Kini keluarga tersebut bersiap untuk pindah ke rumah yang lebih besar di dekatnya sehingga mereka semua dapat tinggal dengan lebih nyaman. Namun anak-anak merasa khawatir dengan perpindahan tersebut.

“Hal terbesar mereka adalah, bolehkah kami mengambil alih matras?

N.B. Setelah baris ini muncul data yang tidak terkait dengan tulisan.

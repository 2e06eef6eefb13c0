-- ===== src/Tests/Program.antt =====
-- Two processes, one with CPUs 0 and 2 and one with 1 and 3: the first enters the shared memory and
-- calls pin_process, then the second does.
use mpipin.Base.{◌≡◌, ◌≤◌, ℕ, List, refl, sym, ap, subst, arith, true, [], ◌∷◌, some}
use mpipin.Base.Int.{dec, ◌==ℤ◌}
use mpipin.Word.{bit_not, shl, shr}
use mpipin.Bitops.{ffs, skip_zeros, has_word, found_first, find_loop, find_first_bit, find_next_bit}
use mpipin.CpuSet.{cpu_isset, cpu_set, cpu_clr, cpu_count, cpuset_first, cpuset_next}
use mpipin.Pin.{PartExec, update}
use mpipin.Pin.Init.{initialise, for_cpus_from, for_cpus, discover, attach}
use mpipin.Pin.Queue.{find_slot_from, find_slot, fill_slot, link}
use mpipin.Pin.Barrier.{Services, start, join, gather, arrive_at, arrive}
use mpipin.Pin.Job.{leaves, comes_in, calls}
use mpipin.Sysfs.Collect.{collect_topology}
use mpipin.Sysfs.Described.Partition.{AllOnline}
use mpipin.Main.Enter.{Calls, Session, passed, unlock, share, enter_locked, enter}
use mpipin.Main.Enter.Node.{new_session, enter_all}
use mpipin.Main.Meeting.{
  Node, before_entry, comes_to_pin, Moves, enters, pins, rests, moves, count_moves,
}
use mpipin.Main.Program.{IsPinned, program-IsPinned}
use mpipin.Tests.Machine.{low_set, low_set-IsCpuSet, all_cpus}
use mpipin.Tests.Pinning.{four_cpus}
use mpipin.Tests.Setup.{four, first_memory}
use mpipin.Tests.Start.{process, process-IsCalls}
use mpipin.Tests.Sysfs.{host, start_store, host-IsHost, collected, online_all}

abbrev services : Services
services = record {
  topology = some (collect_topology host (low_set 0) start_store).1.cpu_topology_list;
  allocated = true;
  nprocs = 4;
  set_affinity = λ _. true;
}

abbrev memory : PartExec
memory = attach four (low_set 0) 2 (low_set 10) (initialise 2 (low_set 5))

both_enter : enter_all 2 (low_set 0) (process 0 5 ∷ process 8192 10 ∷ []) first_memory ≡ some memory
unfolding enter_all enter enter_locked share unlock
both_enter = refl

all_available : memory.cpus_available ≡ all_cpus
unfolding bit_not shl shr ffs skip_zeros has_word found_first find_loop find_first_bit find_next_bit
    cpu_isset cpu_set cpu_clr cpuset_first cpuset_next initialise for_cpus_from for_cpus discover
    attach dec ◌==ℤ◌
all_available = refl

abbrev processes : List (ℕ × Calls)
processes = (7, process 0 5) ∷ (5, process 8192 10) ∷ []

-- The first process enters and calls pin_process before the second enters.
abbrev at_first : Node
at_first = before_entry processes first_memory

abbrev first_session : Session
first_session = (enter (process 0 5) 2 (low_set 0) (new_session first_memory)).1

abbrev one_in : Node
one_in = comes_to_pin 7 ((5, process 8192 10) ∷ []) first_session at_first.job

abbrev one_waits : Node
one_waits = record one_in {
  job = comes_in services 2 7 (arrive 2 7 first_session.shm) (record one_in.job { outside = [] });
}

abbrev second_session : Session
second_session = (enter (process 8192 10) 2 (low_set 0) (new_session one_waits.job.memory)).1

abbrev both_in : Node
both_in = comes_to_pin 5 [] second_session one_waits.job

abbrev one_left : Node
one_left = record both_in {
  job = comes_in services 2 5 (arrive 2 5 second_session.shm) (record both_in.job { outside = [] });
}

first_passes :
    enter (process 0 5) 2 (low_set 0) (new_session first_memory) ≡ (passed, first_session)
unfolding enter enter_locked share unlock
first_passes = refl

second_passes :
    enter (process 8192 10) 2 (low_set 0) (new_session one_waits.job.memory)
    ≡ (passed, second_session)
unfolding enter enter_locked share unlock
second_passes = refl

none_outside : one_waits.job.outside ≡ []
unfolding find_slot_from find_slot fill_slot link update start join gather arrive_at arrive leaves
    comes_in dec ◌==ℤ◌ initialise enter enter_locked share unlock
none_outside = refl

all_moves : Moves services 2 (low_set 0) at_first one_left
all_moves =
    moves both_in one_left
      (moves one_waits both_in
        (moves one_in one_waits
          (moves at_first one_in rests
            (enters 7 (process 0 5) ((5, process 8192 10) ∷ []) first_session refl first_passes))
          (pins _ (calls [] [] 7 refl)))
        (enters 5 (process 8192 10) [] second_session refl second_passes))
      (pins _ (calls [] [] 5 (ap (λ l. 5 ∷ l) none_outside)))

program-IsPinned_example : IsPinned services 2 (low_set 0) memory one_left (count_moves all_moves)
program-IsPinned_example =
    program-IsPinned host (low_set 0) start_store services 2 (low_set 0) 7 (process 0 5)
      ((5, process 8192 10) ∷ []) first_memory memory one_left all_moves host-IsHost (omega arith)
      (low_set-IsCpuSet 0 (omega arith)) refl collected refl refl refl (λ _. refl)
      (low_set-IsCpuSet 0 (omega arith)) refl (omega arith) (omega arith)
      (process-IsCalls 0 5 (omega arith)) refl
      (process-IsCalls 8192 10 (omega arith), (λ e. absurd (ground (arith, e))), tt) both_enter
      (subst (λ s. 2 ≤ cpu_count s) (sym all_available) (omega (arith, four_cpus)))
      (subst (AllOnline host (low_set 0) start_store) (sym all_available) online_all)
      ((λ z. ground arith), ((λ z. ground arith), tt))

Sungguh menakjubkan hal-hal yang membuat mereka tertarik namun berbeda bagi mereka – yaitu karpet dan TV. Bolehkah kami mengambil TV dan karpetnya?” Lauren berkata sambil tertawa.

Meskipun tahun ini merupakan tahun yang penuh gejolak dan penuh dengan banyak perubahan, Lauren berkata bahwa pengalaman ini telah mengajari mereka banyak hal dan memungkinkan orang lain melihat apa yang bisa terjadi jika Anda percaya.

“Ini tentang orang-orang yang melihat bahwa hal itu mungkin terjadi – yang satu, mengadopsi anak yang lebih besar tidak seseram yang dipikirkan semua orang, dan yang kedua, bahwa melakukan apa yang Tuhan minta itu layak dilakukan, bahkan ketika itu terlihat gila.”